2. String filter. Whereas awk is perfect for filters that deal with numbers, grep or sed have got lots of love for strings.

Give me all lines that start with ‘mary’ ignoring case.

cat data.txt | grep -i '^mary'

We can flip it and ask for all lines that start with something else.

cat data.txt | grep -vi '^mary'

Or match ‘mary’ exactly.

cat data.txt | grep -wi 'mary'

3. Sorting. Suppose I want to sort a file with people’s names .

cat names.txt | sort

If I want it in reverse order —

cat names.txt | sort -r

If we are dealing with numbers, then use -n

cat integers.txt | sort -nORcat integers.txt | sort -nr

4. Uniqueness. If there’s a sort somewhere, uniq is lurking right around the corner. Let’s say we want a distinct list of people’s names.

cat names.txt | sort -u

If, however, we want more than that and want to count the number of occurrences of each name —

cat names.txt | sort | uniq -c

The counts returned from uniq are not ordered. We can easily remedy this.

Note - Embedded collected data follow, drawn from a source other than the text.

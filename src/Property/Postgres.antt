-- ===== src/Property/Postgres.antt =====
-- backend/internal/store/postgres/properties.go: the tables of definitions and values, with the
-- constraints of migration 0013_workspace_settings. Rows stand in the order of insertion; ids come from
-- `new_id`, as from gen_random_uuid(); `ordered` sorts values by their ids. A name that is taken is
-- reported by the driver's error, which the store does not tell apart. Foreign keys are taken to hold.
use spec_powers.Prelude.{
  ℕ, suc, String, Bool, not, ◌&&◌, Option, none, some, List, [], ◌∷◌, ◌++◌, map, all, any, find,
  select, ltb, ◌==◌, str_eq, codes, if◌then◌else◌,
}
use spec_powers.Domain.{Project, ProjectMember, Issue}
use spec_powers.Api.{Stored, found, missing}
use spec_powers.Property.Values.{PropertyDefinition, IssuePropertyValue, Readers, valid_types}
use spec_powers.Property.Service.{PropertyStores, Written, written, broken}

pub record PropertyDb : Type 0 where
  pub definitions : List PropertyDefinition
  pub values : List IssuePropertyValue
  pub issues : List Issue
  pub serial : ℕ

-- `scanProperty`.
abbrev pub one_property : Option PropertyDefinition → Stored PropertyDefinition
one_property none = missing
one_property (some p) = found p

-- `length(btrim(name)) > 0`, and the CHECK of the type.
abbrev pub fits_property : PropertyDefinition → Bool
fits_property p = not (all (λ c. c == 32) (codes p.name)) && valid_types p.type

-- `UNIQUE (project_id, name)`.
abbrev pub same_name : PropertyDefinition → PropertyDefinition → Bool
same_name p x = str_eq x.project_id p.project_id && str_eq x.name p.name

unfoldable pub create_property :
    (ℕ → String) → PropertyDefinition → PropertyDb → Written × PropertyDb
create_property new_id p d =
    let row = record p { id = new_id d.serial } in
    if fits_property p && not (any (same_name p) d.definitions)
    then (written row, record d { definitions = d.definitions ++ row ∷ []; serial = suc d.serial })
    else (broken, d)

unfoldable pub get_property : String → PropertyDb → Stored PropertyDefinition
get_property id d = one_property (find (λ (p : PropertyDefinition). str_eq p.id id) d.definitions)

-- `ORDER BY position, created_at`.
abbrev pub by_position : PropertyDefinition → List PropertyDefinition → List PropertyDefinition
by_position p [] = p ∷ []
by_position p (x ∷ rows) =
    let rest = by_position p rows in if ltb x.position p.position then x ∷ rest else p ∷ x ∷ rows

abbrev pub sorted : List PropertyDefinition → List PropertyDefinition
sorted [] = []
sorted (p ∷ rows) = by_position p (sorted rows)

unfoldable pub list_properties : String → PropertyDb → Option (List PropertyDefinition)
list_properties project d =
    some (sorted (select (λ (p : PropertyDefinition). str_eq p.project_id project) d.definitions))

-- The project is not written.
abbrev pub set_property : PropertyDefinition → PropertyDefinition → PropertyDefinition
set_property p x = if str_eq x.id p.id then record p { project_id = x.project_id } else x

abbrev pub clashes : PropertyDefinition → PropertyDefinition → Bool
clashes p x = same_name p x && not (str_eq x.id p.id)

abbrev pub rewritten :
    Option PropertyDefinition → PropertyDefinition → PropertyDb → Written × PropertyDb
rewritten none p d = (broken, d)
rewritten (some x) p d =
    let row = record p { project_id = x.project_id } in
    if fits_property p && not (any (clashes row) d.definitions)
    then (written row, record d { definitions = map (set_property p) d.definitions })
    else (broken, d)

-- No row gives `store.ErrNotFound`, which the service does not tell apart either.
unfoldable pub update_property : PropertyDefinition → PropertyDb → Written × PropertyDb
update_property p d =
    rewritten (find (λ (x : PropertyDefinition). str_eq x.id p.id) d.definitions) p d

-- The values go with the definition.
unfoldable pub delete_property : String → PropertyDb → Stored (Unit {0}) × PropertyDb
delete_property id d =
    if any (λ (p : PropertyDefinition). str_eq p.id id) d.definitions
    then (
      found tt,
      record d {
        definitions = select (λ (p : PropertyDefinition). not (str_eq p.id id)) d.definitions;
        values = select (λ (v : IssuePropertyValue). not (str_eq v.property_id id)) d.values;
      },
    )
    else (missing, d)

abbrev pub same_key : String → String → IssuePropertyValue → Bool
same_key issue property v = str_eq v.issue_id issue && str_eq v.property_id property

abbrev pub put : IssuePropertyValue → IssuePropertyValue → IssuePropertyValue
put v x = if same_key v.issue_id v.property_id x then v else x

-- `ON CONFLICT … DO UPDATE`.
unfoldable pub set_issue_property :
    IssuePropertyValue → PropertyDb → Stored IssuePropertyValue × PropertyDb
set_issue_property v d =
    if any (same_key v.issue_id v.property_id) d.values
    then (found v, record d { values = map (put v) d.values })
    else (found v, record d { values = d.values ++ v ∷ [] })

unfoldable pub list_issue_properties :
    (List IssuePropertyValue → List IssuePropertyValue)
    → String
    → PropertyDb
    → Option (List IssuePropertyValue)
list_issue_properties ordered issue d =
    some (ordered (select (λ (v : IssuePropertyValue). str_eq v.issue_id issue) d.values))

abbrev pub in_project : String → PropertyDb → IssuePropertyValue → Bool
in_project project d v =
    any (λ (i : Issue). str_eq i.id v.issue_id && str_eq i.project_id project) d.issues

unfoldable pub list_project_properties :
    (List IssuePropertyValue → List IssuePropertyValue)
    → String
    → PropertyDb
    → Option (List IssuePropertyValue)
list_project_properties ordered project d = some (ordered (select (in_project project d) d.values))

unfoldable pub delete_issue_property : String → String → PropertyDb → Stored (Unit {0}) × PropertyDb
delete_issue_property issue property d =
    if any (same_key issue property) d.values
    then (found tt, record d { values = select (λ v. not (same_key issue property v)) d.values })
    else (missing, d)

-- The tables of projects and issues, which the service only reads.
pub record Others : Type 0 where
  pub readers : Readers
  pub project : String → PropertyDb → Stored Project
  pub member : String → String → PropertyDb → Stored ProjectMember
  pub issue : String → PropertyDb → Stored Issue

abbrev pub pg_properties :
    (ℕ → String) → (List IssuePropertyValue → List IssuePropertyValue) → Others → PropertyStores
pg_properties new_id ordered o = record {
  State = PropertyDb;
  readers = o.readers;
  get_project = o.project;
  get_project_member = o.member;
  get_issue = o.issue;
  create = create_property new_id;
  get = get_property;
  list = list_properties;
  update = update_property;
  delete = delete_property;
  set_value = set_issue_property;
  values = list_issue_properties ordered;
  project_values = list_project_properties ordered;
  delete_value = delete_issue_property;
}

cat names.txt | sort | uniq -c | sort -nr

This would give us counts and their respective words in descending order. To limit it to a top 5, we can do —

cat names.txt | sort | uniq -c | sort -nr | head -5

Conclusion

Hope you enjoyed this primer.

The tools presented here have a lot more to offer than covered in this article. Hope you catch the command line bug and continue exploring on your own.

Please keep in mind that sometimes the magnificent power that a particular command has to offer might come at the expense of readability.